Pequeñas Canciones Recordables (I)



Corre el año 1989 y estoy junto a mi familia haciendo la cola de ingreso al Club Albatros de Montevideo. Es febrero: mes de calor, playa y carnaval en Uruguay.

Dentro del club hay mucha gente, y la espera afuera se hace intensa. Hace calor y mi viejo me entretiene contándome que los Albatros son unos pájaros que se parecen a las gaviotas. Quizás eso me hace acordar a Médanos de Solymar. Quizás pienso en playa. Pero esa noche festejo mis cinco años y yo sólo quiero vivir el carnaval.


Entramos al lugar, y buscamos sentarnos en los largos bancos de madera frente al escenario. También, hay dos pequeñas tribunas, pero ya están repletas. Algunos viejos precavidos se han llevado sus sillas plegables, y ya se sentaron en el pasillo central para ver mejor el escenario. 


Recién actuó una murga poco conocida, y ya estamos en el intervalo esperando los platos fuertes de la noche. Las luces del lugar se prendieron y la gente comienza a circular. Algunos vecinos se saludan, otros opinan sobre lo recién visto. Todos ríen. Los vendedores de Papas Chips y refrescos no dan a basto. Me compro una manzana acaramelada, y en el primer mordisco se me aflojan mis primeros dos dientes de leche. Corro hacia donde están mis padres para mostrarles porque estoy contenta, todavía confío en ellos, y porque la noche de carnaval ahora es más especial todavía. 


Mientras tanto, el presentador lee los anuncios y los agradecimientos con su voz de locutor de radio AM o de presentador de boxeo, y al mismo tiempo se acomoda su traje impecable.  Trata que su voz sobrepase el murmullo generalizado y los nombres de las marcas se entiendan, pero por más que lo intente, no logra atraer la atención del público. De vez en cuando, con un tono resignado, pide que los padres presentes cuiden que sus hijos no corran por el lugar ni salten de banco en banco. Yo escucho atentamente al presentador porque estoy segura que en algún momento preguntará desde el escenario dónde estoy y me deseará un muy felíz cumpleaños. Y también sé que en ese momento me pondré colorada de vergüenza, pero me sentiré especial y correré a preguntarle a mis viejos si ellos también escucharon cuando me nombraron. 

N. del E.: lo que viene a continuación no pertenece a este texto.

-- ===== src/Prelude/Deque/Recent.antt =====
-- The loops that read a history from its back give its newest entries first.
use Prim.Native.Nat.{ℕ, zero, suc, ◌+◌, ◌-◌, ◌≤◌, ◌<◌, min}
use mathlib.Core.Path.{◌≡◌, refl, ap, sym, ◌∙◌}
use mathlib.Core.Logic.{inl, inr}
use mathlib.Core.Bool.{Bool, false}
use mathlib.Core.List.{List, [], ◌∷◌, ◌++◌, reverse, reverse-cons}
use mathlib.Core.Option.{some}
use native.Mathlib.Omega.{arith}
use native.Mathlib.Numerals.{add-one}
use aegis_desk.Prelude.Tests.{ltb, ◌==◌, Bool-cases}
use aegis_desk.Prelude.Lists.{length, take, drop, keep, length-append}
use aegis_desk.Prelude.Deque.{get_elem?, from_back, recent, matching_from_back, recent_matching}

suc-ne-zero : (n : ℕ) → (suc n == 0) ≡ false
suc-ne-zero n = ground arith

module _ {ℓ} {A : Type ℓ} where
  length-reverse : (xs : List A) → length (reverse xs) ≡ length xs
  length-reverse [] = refl
  length-reverse (x ∷ xs) =
      omega (
        arith,
        ap length (reverse-cons x xs),
        length-append (reverse xs) (x ∷ []),
        length-reverse xs,
      )

  get_elem?-append_left :
      (xs ys : List A) (i : ℕ) → i < length xs → get_elem? (xs ++ ys) i ≡ get_elem? xs i
  unfolding get_elem?
  get_elem?-append_left [] ys i h = elim h [ ]
  get_elem?-append_left (x ∷ xs) ys zero h = refl
  get_elem?-append_left (x ∷ xs) ys (suc i) h = get_elem?-append_left xs ys i (omega arith)

  get_elem?-append_last : (xs : List A) (x : A) → get_elem? (xs ++ (x ∷ [])) (length xs) ≡ some x
  unfolding get_elem?
  get_elem?-append_last [] x = refl
  get_elem?-append_last (y ∷ xs) x = get_elem?-append_last xs x

  get_elem?-suc_sub :
      (x : A) (xs : List A) (i : ℕ)
      → i < length xs
      → get_elem? (x ∷ xs) (length xs - i) ≡ get_elem? xs (length xs - 1 - i)
  unfolding get_elem?
  get_elem?-suc_sub x xs i h = let e : length xs - i ≡ suc (length xs - 1 - i) = omega arith in rw e

  get_elem?-reverse :
      (xs : List A) (i : ℕ)
      → i < length xs
      → get_elem? xs (length xs - 1 - i) ≡ get_elem? (reverse xs) i
  get_elem?-reverse [] i h = elim h [ ]
  get_elem?-reverse (x ∷ xs) i h = elim (Bool-cases (ltb i (length xs))) [
    | inl inner ↦
        let below : i < length xs = ground arith in
        let below' : i < length (reverse xs) = omega (arith, length-reverse xs) in
        let e : length (x ∷ xs) - 1 - i ≡ length xs - i = omega arith in
        rw (e, get_elem?-suc_sub x xs i below, reverse-cons x xs)
          (get_elem?-reverse xs i below
            ∙ sym (get_elem?-append_left (reverse xs) (x ∷ []) i below'))
    | inr last ↦
        let e : i ≡ length (reverse xs) = ground (arith, length-reverse xs) in
        let z : length (x ∷ xs) - 1 - i ≡ 0 = ground arith in
        rw (z, reverse-cons x xs, e)
          (unfold get_elem? in sym (get_elem?-append_last (reverse xs) x))
  ]

  drop-cons :
      (xs : List A) (i : ℕ)
      → i < length xs
      → (x : A) × (get_elem? xs i ≡ some x) × (drop i xs ≡ x ∷ drop (suc i) xs)
  unfolding get_elem?
  drop-cons [] i h = elim h [ ]
  drop-cons (x ∷ xs) zero h = (x, refl, refl)
  drop-cons (x ∷ xs) (suc i) h = drop-cons xs i (omega arith)

  -- What the loop reads at an index that is in range.
  read_back :
      (xs : List A) (i : ℕ)
      → i < length xs
      → (x : A) × (get_elem? xs (length xs - 1 - i) ≡ some x)
        × (drop i (reverse xs) ≡ x ∷ drop (i + 1) (reverse xs))
  read_back xs i h =
      let (x, e, d) = drop-cons (reverse xs) i (omega (arith, length-reverse xs)) in
      (x, get_elem?-reverse xs i h ∙ e, rw (add-one i) d)

  from_back-take :
      (xs : List A) (rounds i : ℕ)
      → rounds + i ≤ length xs
      → from_back xs rounds i ≡ take rounds (drop i (reverse xs))
  unfolding from_back
  from_back-take xs zero i h = refl
  from_back-take xs (suc rounds) i h =
      let (x, e, d) = read_back xs i (omega arith) in
      let ih = from_back-take xs rounds (i + 1) (omega arith) in rw (e, from_back, d, ih)

  take-min : (limit : ℕ) (xs : List A) → take (min limit (length xs)) xs ≡ take limit xs
  take-min zero xs = let e : min 0 (length xs) ≡ 0 = omega arith in rw e
  take-min (suc n) [] = let e : min (suc n) 0 ≡ 0 = omega arith in rw e
  take-min (suc n) (x ∷ xs) =
      let e : min (suc n) (suc (length xs)) ≡ suc (min n (length xs)) = omega arith in
      rw (e, take-min n xs)

  take-length : (xs : List A) → take (length xs) xs ≡ xs
  take-length [] = refl
  take-length (x ∷ xs) = rw (take-length xs)

  -- The most recent entries, the newest first.
  pub recent-take : (xs : List A) (limit : ℕ) → recent xs limit ≡ take limit (reverse xs)
  unfolding recent
  recent-take [] zero = refl
  recent-take [] (suc n) = rw (suc-ne-zero n)
  recent-take (x ∷ xs) zero = refl
  recent-take (x ∷ xs) (suc n) =
      let bound : min (suc n) (length (x ∷ xs)) + 0 ≤ length (x ∷ xs) = omega arith in
      let same : length (x ∷ xs) ≡ length (reverse (x ∷ xs)) = sym (length-reverse (x ∷ xs)) in
      rw (suc-ne-zero n) (
        from_back-take (x ∷ xs) (min (suc n) (length (x ∷ xs))) 0 bound
        ∙ rw same (take-min (suc n) (reverse (x ∷ xs))))

  matching_from_back-take :
      (p : A → Bool) (xs : List A) (limit rounds i : ℕ)
      → rounds + i ≤ length xs
      → matching_from_back p xs limit rounds i
        ≡ take limit (keep p (take rounds (drop i (reverse xs))))
  unfolding matching_from_back
  matching_from_back-take p xs zero zero i h = refl
  matching_from_back-take p xs (suc limit) zero i h = refl
  matching_from_back-take p xs zero (suc rounds) i h = refl
  matching_from_back-take p xs (suc limit) (suc rounds) i h =
      let (x, e, d) = read_back xs i (omega arith) in
      let skipped = matching_from_back-take p xs (suc limit) rounds (i + 1) (omega arith) in
      let counted = matching_from_back-take p xs limit rounds (i + 1) (omega arith) in
      let pred : suc limit - 1 ≡ limit = omega arith in
      elim (Bool-cases (p x)) [
        | inl hit ↦ rw (suc-ne-zero limit, e, matching_from_back, d, hit, pred, counted)
        | inr miss ↦ rw (suc-ne-zero limit, e, matching_from_back, d, miss, skipped)
      ]

  -- The most recent entries that pass a test, the newest first.
  pub recent_matching-take :
      (p : A → Bool) (xs : List A) (limit : ℕ)
      → recent_matching p xs limit ≡ take limit (keep p (reverse xs))
  unfolding recent_matching
  recent_matching-take p xs zero = refl
  recent_matching-take p xs (suc limit) =
      let whole : take (length xs) (reverse xs) ≡ reverse xs =
        rw (sym (length-reverse xs)) (take-length (reverse xs)) in
      rw (suc-ne-zero limit)
        (matching_from_back-take p xs (suc limit) (length xs) 0 (omega arith) ∙ rw whole)
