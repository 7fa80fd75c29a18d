-- ===== src/Schema/UpdateConfigurationResults/Written.antt =====
-- The builder of `update_configuration_results` in src/tunnelrpc_capnp.rs writes what its reader reads.
use argo_rust.Base.{[], ◌∷◌, ◌≡◌, refl, Str, Result, ok, ap, ◌∙◌, ◌>>=◌}
use argo_rust.Schema.{Layout}
use argo_rust.Schema.Writes.{LayoutLaws, pointer}
use argo_rust.Schema.Writes.ReadBack.{after_pointer}
use argo_rust.Schema.UpdateConfigurationResponse
use argo_rust.Schema.UpdateConfigurationResults.{struct_size, get_result}
use argo_rust.Schema.UpdateConfigurationResults.Builder

module _ (l : Layout) where
  open l use {Struct}

  -- What the accessors read.
  abbrev pub view : Struct → Result Str Struct
  view s = get_result l s

module _ (l : Layout) (laws : LayoutLaws l) where
  open l use {Struct, init_struct, to_struct, get_struct}

  set_result-view :
      (result : Struct) (s : Struct)
      → LayoutLaws.size laws s ≡ struct_size
      → (do t ← Builder.set_result l result s; ok (view l t)) ≡ ok (ok result)
  set_result-view result s sized =
      let w = after_pointer l laws struct_size s sized (pointer 0 (to_struct result) ∷ []) refl in
      rw (LayoutLaws.set_struct_lem laws result)
        (λ i. ok ((ap get_struct (w 0) ∙ LayoutLaws.get_struct-to_struct laws result) i))

  init_result-view :
      (fill_result : Struct → Struct) (s : Struct)
      → LayoutLaws.size laws s ≡ struct_size
      → view l (Builder.init_result l fill_result s)
        ≡ (ok (fill_result (init_struct UpdateConfigurationResponse.struct_size)))
  init_result-view fill_result s sized =
      let w =
        after_pointer l laws struct_size s sized
          (pointer 0 (to_struct (fill_result (init_struct UpdateConfigurationResponse.struct_size)))
            ∷ [])
          refl in
      λ i.
        (ap get_struct (w 0)
            ∙ LayoutLaws.get_struct-to_struct laws
                (fill_result (init_struct UpdateConfigurationResponse.struct_size)))
          i

  -- On a struct of the size, each write of the builder of `update_configuration_results` changes what the accessor
  -- of its name reads, to what was written, and no other field.
  pub update_configuration_results-view :
      (s : Struct) (result : Struct) (fill_result : Struct → Struct)
      → LayoutLaws.size laws s ≡ struct_size
      → ((do t ← Builder.set_result l result s; ok (view l t)) ≡ ok (ok result))
        × (view l (Builder.init_result l fill_result s)
            ≡ (ok (fill_result (init_struct UpdateConfigurationResponse.struct_size))))
  update_configuration_results-view s result fill_result sized =
      (set_result-view result s sized, init_result-view fill_result s sized)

Por detrás del presentador, la murga de turno acomoda sus cosas de manera rápida. Están colgando en la pared del fondo una lona que sirve de escenografía. Es la decoración más común entra las murgas, y también es la manera más fácil y rápida de adaptarse a los diferentes escenarios de los barrios. Todos preguntan por lo bajo quiénes serán, y algunos hasta especulan nombres. Por sus trajes se nota que es una de las murgas importantes. 
Cuando las luces bajan, todos vuelven apurados a sus puestos. El número que viene es importante, y los vendedores de gaseosas se sientan en un costado para verlo. Y ahí se revive la magia del carnaval. 


Mientras los adultos se ríen e insultan indignados con las letras, nosotros los niños (que nos sentíamos atrapados por las voces pero no entendíamos de qué hablaban las canciones) nos dejábamos llevar por lo mágico de los trajes, el maquillaje y los bailes. Opinábamos y comparábamos entre nosotros una murga con otra jugando un poco a ser jueces, mientras saltábamos entre los largos bancos de madera que temblaban bajo nuestros pies. 


Cuando el número principal termina, vuelven a prenderse las luces y todos comenzamos a guardar nuestras cosas lentamente. Esta noche de carnaval ha terminado, pero muchos volverán a repetir el rito mañana. Otros, volveremos al siguiente fin de semana, o directamente al otro año. Porque eso es lo que tiene el carnaval. Es canto con magia, es música atrapante, es un sentirse parte de algo que no sabemos bien qué es, pero que se repite verano tras verano.